-- ===== src/JobManager/Indexes.antt =====
-- job_manager.go: the operations as steps of a machine, and what ties the indexes to the statuses.
use raft_recovery.Prelude.{
  ℕ, ◌≡◌, Bool, true, false, Option, none, some, List, [], ◌∷◌, String, arith, eq_iff, lookup,
  contains, lookup-insert, contains-add_key, contains-delete_key, contains-push, is_some, ◌⊎◌,
}
use raft_recovery.Types.{Job, JobStatus, pending, is_in_flight, is_completed, is_dead}
use raft_recovery.JobManager.{
  JobManager, Outcome, new_job_manager, enqueue, pop_pending, mark_in_flight, mark_completed,
  requeue, mark_dead, set_last_applied_index,
}

pub data Op : Type 0 where
  enqueues : ℕ → Job → Op
  pops : Op
  dispatches : ℕ → String → ℕ → Op
  completes requeues kills : ℕ → String → Op
  applies : ℕ → Op

-- What a call does and reports.
unfoldable pub perform : JobManager → Op → Outcome
perform jm (enqueues now job) = enqueue jm now job
perform jm pops = ((pop_pending jm).0, none)
perform jm (dispatches now id deadline) = mark_in_flight jm now id deadline
perform jm (completes now id) = mark_completed jm now id
perform jm (requeues now id) = requeue jm now id
perform jm (kills now id) = mark_dead jm now id
perform jm (applies index) = (set_last_applied_index jm index, none)

unfoldable pub step : JobManager → Op → JobManager
unfolding perform
step jm op = (perform jm op).0

unfoldable pub run : JobManager → List Op → JobManager
run jm [] = jm
run jm (op ∷ ops) = run (step jm op) ops

-- A stored job whose status passes the test.
abbrev pub has : (JobStatus → Bool) → Option Job → Bool
has test none = false
has test (some job) = test job.status

-- What the indexes say of one identifier.
pub record IsIndexed (jm : JobManager) (k : String) : Type 0 where
  pub in_flight_exact : contains k jm.in_flight ≡ has is_in_flight (lookup k jm.jobs)
  pub dead_exact : contains k jm.dead ≡ has is_dead (lookup k jm.jobs)
  pub completed_kept :
      (has is_completed (lookup k jm.jobs) ≡ false) ⊎ (contains k jm.completed ≡ true)
  pub completed_only :
      (contains k jm.completed ≡ false)
      ⊎ (has is_completed (lookup k jm.jobs) ≡ true)
      ⊎ (has is_dead (lookup k jm.jobs) ≡ true)
  pub queue_known : (contains k jm.queue ≡ false) ⊎ (is_some (lookup k jm.jobs) ≡ true)

new_job_manager-IsIndexed : (k : String) → IsIndexed new_job_manager k
unfolding new_job_manager lookup contains
new_job_manager-IsIndexed k = ground arith

module _ (jm : JobManager) (k : String) (v : IsIndexed jm k) where
  pub enqueue-IsIndexed : (now : ℕ) (job : Job) → IsIndexed (enqueue jm now job).0 k
  unfolding enqueue
  enqueue-IsIndexed now job = ground (
    arith,
    eq_iff job.id k,
    lookup-insert job.id k (record job { status = pending; created_at = now; updated_at = now })
        jm.jobs,
    contains-push job.id k jm.queue,
  )

  pub pop-IsIndexed : IsIndexed (pop_pending jm).0 k
  unfolding pop_pending contains
  pop-IsIndexed = ground arith

  pub mark_in_flight-IsIndexed :
      (now : ℕ) (id : String) (deadline : ℕ) → IsIndexed (mark_in_flight jm now id deadline).0 k
  unfolding mark_in_flight
  mark_in_flight-IsIndexed now id deadline =
      grind (arith, eq_iff id k, lookup-insert, contains-add_key id k jm.in_flight)

  pub mark_completed-IsIndexed : (now : ℕ) (id : String) → IsIndexed (mark_completed jm now id).0 k
  unfolding mark_completed
  mark_completed-IsIndexed now id = grind (
    arith,
    eq_iff id k,
    lookup-insert,
    contains-delete_key id k jm.in_flight,
    contains-add_key id k jm.completed,
  )

  pub requeue-IsIndexed : (now : ℕ) (id : String) → IsIndexed (requeue jm now id).0 k
  unfolding requeue
  requeue-IsIndexed now id = grind (
    arith,
    eq_iff id k,
    lookup-insert,
    contains-delete_key id k jm.in_flight,
    contains-push id k jm.queue,
  )

  pub mark_dead-IsIndexed : (now : ℕ) (id : String) → IsIndexed (mark_dead jm now id).0 k
  unfolding mark_dead
  mark_dead-IsIndexed now id = grind (
    arith,
    eq_iff id k,
    lookup-insert,
    contains-delete_key id k jm.in_flight,
    contains-add_key id k jm.dead,
  )

-- Every operation keeps the indexes in step with the statuses, for every identifier.
pub step-IsIndexed :
    (jm : JobManager) (k : String) (op : Op) → IsIndexed jm k → IsIndexed (step jm op) k
unfolding step set_last_applied_index
step-IsIndexed jm k (enqueues now job) v = enqueue-IsIndexed jm k v now job
step-IsIndexed jm k pops v = pop-IsIndexed jm k v
step-IsIndexed jm k (dispatches now id deadline) v = mark_in_flight-IsIndexed jm k v now id deadline
step-IsIndexed jm k (completes now id) v = mark_completed-IsIndexed jm k v now id
step-IsIndexed jm k (requeues now id) v = requeue-IsIndexed jm k v now id
step-IsIndexed jm k (kills now id) v = mark_dead-IsIndexed jm k v now id
step-IsIndexed jm k (applies index) v = record {
  in_flight_exact = v.in_flight_exact;
  dead_exact = v.dead_exact;
  completed_kept = v.completed_kept;
  completed_only = v.completed_only;
  queue_known = v.queue_known;
}

pub run-IsIndexed :
    (jm : JobManager) (k : String) (ops : List Op) → IsIndexed jm k → IsIndexed (run jm ops) k
unfolding run
run-IsIndexed jm k [] v = v
run-IsIndexed jm k (op ∷ ops) v = run-IsIndexed (step jm op) k ops (step-IsIndexed jm k op v)

-- After any operations on a new manager, and for every identifier: the in-flight index holds exactly
-- the jobs in flight and the dead index exactly the dead ones; the completed index holds every
-- completed job, and only jobs that are completed or dead; and the queue holds only known jobs.
pub run_new-IsIndexed : (ops : List Op) (k : String) → IsIndexed (run new_job_manager ops) k
run_new-IsIndexed ops k = run-IsIndexed new_job_manager k ops (new_job_manager-IsIndexed k)
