-- ===== src/JobManager/Recovery.antt =====
-- job_manager.go: `Snapshot`, `PartialSnapshot`, `Restore` and `GetExpiredJobs`.
use raft_recovery.Prelude.{
  is_some, ℕ, ◌≡◌, refl, Bool, true, false, Option, none, some, List, [], ◌∷◌, String, arith,
  eq_iff, str_eq, lookup, contains, lookup-insert, contains-add_key, contains-push, ◌&&◌,
  if◌then◌else◌, ◌||◌, ltb,
}
use raft_recovery.Types.{Job, SnapshotData, is_pending, is_in_flight, is_completed, is_dead}
use raft_recovery.JobManager.{
  JobManager, restore_job, restore_all, restore, snapshot, active_jobs, get_expired_jobs,
  expired_among, is_expired,
}
use raft_recovery.JobManager.Indexes.{has, IsIndexed}

-- A map has each key once.
abbrev pub IsMap : List (String × Job) → Type 0
IsMap [] = Unit {0}
IsMap ((k, job) ∷ m) = (lookup k m ≡ none) × IsMap m

-- The indexes hold exactly the jobs of their status, and the queue exactly the pending ones.
pub record IsExact (jm : JobManager) (k : String) : Type 0 where
  pub in_flight_exact : contains k jm.in_flight ≡ has is_in_flight (lookup k jm.jobs)
  pub completed_exact : contains k jm.completed ≡ has is_completed (lookup k jm.jobs)
  pub dead_exact : contains k jm.dead ≡ has is_dead (lookup k jm.jobs)
  pub queue_exact : contains k jm.queue ≡ has is_pending (lookup k jm.jobs)

restore_job-IsExact :
    (jm : JobManager) (k id : String) (job : Job)
    → lookup id jm.jobs ≡ none
    → IsExact jm k
    → IsExact (restore_job jm id job) k
unfolding restore_job
restore_job-IsExact jm k id job fresh v = ground (
  arith,
  eq_iff id k,
  lookup-insert id k job jm.jobs,
  contains-add_key id k jm.in_flight,
  contains-add_key id k jm.completed,
  contains-add_key id k jm.dead,
  contains-push id k jm.queue,
)

lookup-restore_job :
    (jm : JobManager) (k id : String) (job : Job)
    → lookup k (restore_job jm id job).jobs ≡ (if str_eq id k then some job else lookup k jm.jobs)
unfolding restore_job
lookup-restore_job jm k id job = ground (arith, lookup-insert id k job jm.jobs)

-- What restoring the jobs of a map does to one identifier, on a manager that knows none of them.
restore_all_lem :
    (jm : JobManager) (m : List (String × Job)) (k : String)
    → IsMap m
    → ((j : String) → is_some (lookup j m) ≡ true → lookup j jm.jobs ≡ none)
    → IsExact jm k
    → IsExact (restore_all jm m) k
      × (lookup k (restore_all jm m).jobs
          ≡ (if is_some (lookup k m) then lookup k m else lookup k jm.jobs))
unfolding restore_all lookup
restore_all_lem jm [] k d fresh v = (v, refl)
restore_all_lem jm ((id, job) ∷ m) k d fresh v =
    let ih =
      restore_all_lem (restore_job jm id job) m k d.1
        (λ j h. ground (arith, eq_iff id j, lookup-restore_job jm j id job, fresh j))
        (restore_job-IsExact jm k id job (ground (arith, eq_iff id id, fresh id)) v) in
    (ih.0, ground (arith, ih.1, eq_iff id k, lookup-restore_job jm k id job))

-- `Restore` of a snapshot that has each key once, over any earlier state, stores exactly the jobs of
-- the snapshot, and each index holds exactly the identifiers whose status is its own, the queue those
-- of the pending jobs.
pub restore-IsExact :
    (jm : JobManager) (data' : SnapshotData) (k : String)
    → IsMap data'.jobs
    → IsExact (restore jm data') k × (lookup k (restore jm data').jobs ≡ lookup k data'.jobs)
unfolding restore lookup contains
restore-IsExact jm data' k d =
    let r =
      restore_all_lem
        (record jm { jobs = []; queue = []; in_flight = []; completed = []; dead = [] }) data'.jobs
        k d (λ j h. refl)
        (record {
          in_flight_exact = refl;
          completed_exact = refl;
          dead_exact = refl;
          queue_exact = refl;
        }) in
    (r.0, ground (arith, r.1))

-- For a manager with each key once, whose indexes agree with the statuses for an identifier: its
-- snapshot, restored over any state, brings back the job and its places in the in-flight and dead
-- indexes, and the queue has it exactly if it is pending, even if it had been popped.
pub restore-snapshot :
    (jm jm' : JobManager) (k : String)
    → IsMap jm.jobs
    → IsIndexed jm k
    → (lookup k (restore jm' (snapshot jm)).jobs ≡ lookup k jm.jobs)
      × (contains k (restore jm' (snapshot jm)).in_flight ≡ contains k jm.in_flight)
      × (contains k (restore jm' (snapshot jm)).dead ≡ contains k jm.dead)
      × (contains k (restore jm' (snapshot jm)).queue ≡ has is_pending (lookup k jm.jobs))
unfolding snapshot
restore-snapshot jm jm' k d v =
    let r = restore-IsExact jm' (snapshot jm) k d in ground (arith, r.1, r.0)

-- Of jobs that have each key once, the partial snapshot holds exactly those that are pending or in
-- flight, unchanged.
pub lookup-active_jobs :
    (m : List (String × Job)) (k : String)
    → IsMap m
    → lookup k (active_jobs m)
      ≡ (if has is_pending (lookup k m) || has is_in_flight (lookup k m) then lookup k m else none)
unfolding active_jobs lookup
lookup-active_jobs [] k d = refl
lookup-active_jobs ((id, job) ∷ m) k d = ground (arith, eq_iff id k, lookup-active_jobs m k d.1)

contains-expired_among :
    (jm : JobManager) (now : ℕ) (ids : List String) (k : String)
    → contains k (expired_among jm now ids) ≡ (contains k ids && is_expired now (lookup k jm.jobs))
unfolding expired_among contains
contains-expired_among jm now [] k = refl
contains-expired_among jm now (id ∷ ids) k =
    ground (arith, eq_iff id k, contains-expired_among jm now ids k)

abbrev has_deadline_before : ℕ → Option Job → Bool
has_deadline_before now none = false
has_deadline_before now (some job) = elim job.deadline [ none ↦ false | some d ↦ ltb d now ]

-- Where the indexes agree with the statuses, `GetExpiredJobs` reports an identifier exactly if its job
-- is in flight with a deadline that has passed.
pub contains-get_expired_jobs :
    (jm : JobManager) (now : ℕ) (k : String)
    → IsIndexed jm k
    → contains k (get_expired_jobs jm now)
      ≡ (has is_in_flight (lookup k jm.jobs) && has_deadline_before now (lookup k jm.jobs))
unfolding get_expired_jobs is_expired
contains-get_expired_jobs jm now k v =
    ground (arith, contains-expired_among jm now jm.in_flight k, v.in_flight_exact)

* * * *

-- Your objective --
Go through the listing above and return each line that includes the word "with".

-- Solution to the exercise --
-- Every operation keeps the indexes in step with the statuses, for every identifier.
-- For a manager with each key once, whose indexes agree with the statuses for an identifier: its
-- Where the indexes agree with the statuses, `GetExpiredJobs` reports an identifier exactly if its job
-- is in flight with a deadline that has passed.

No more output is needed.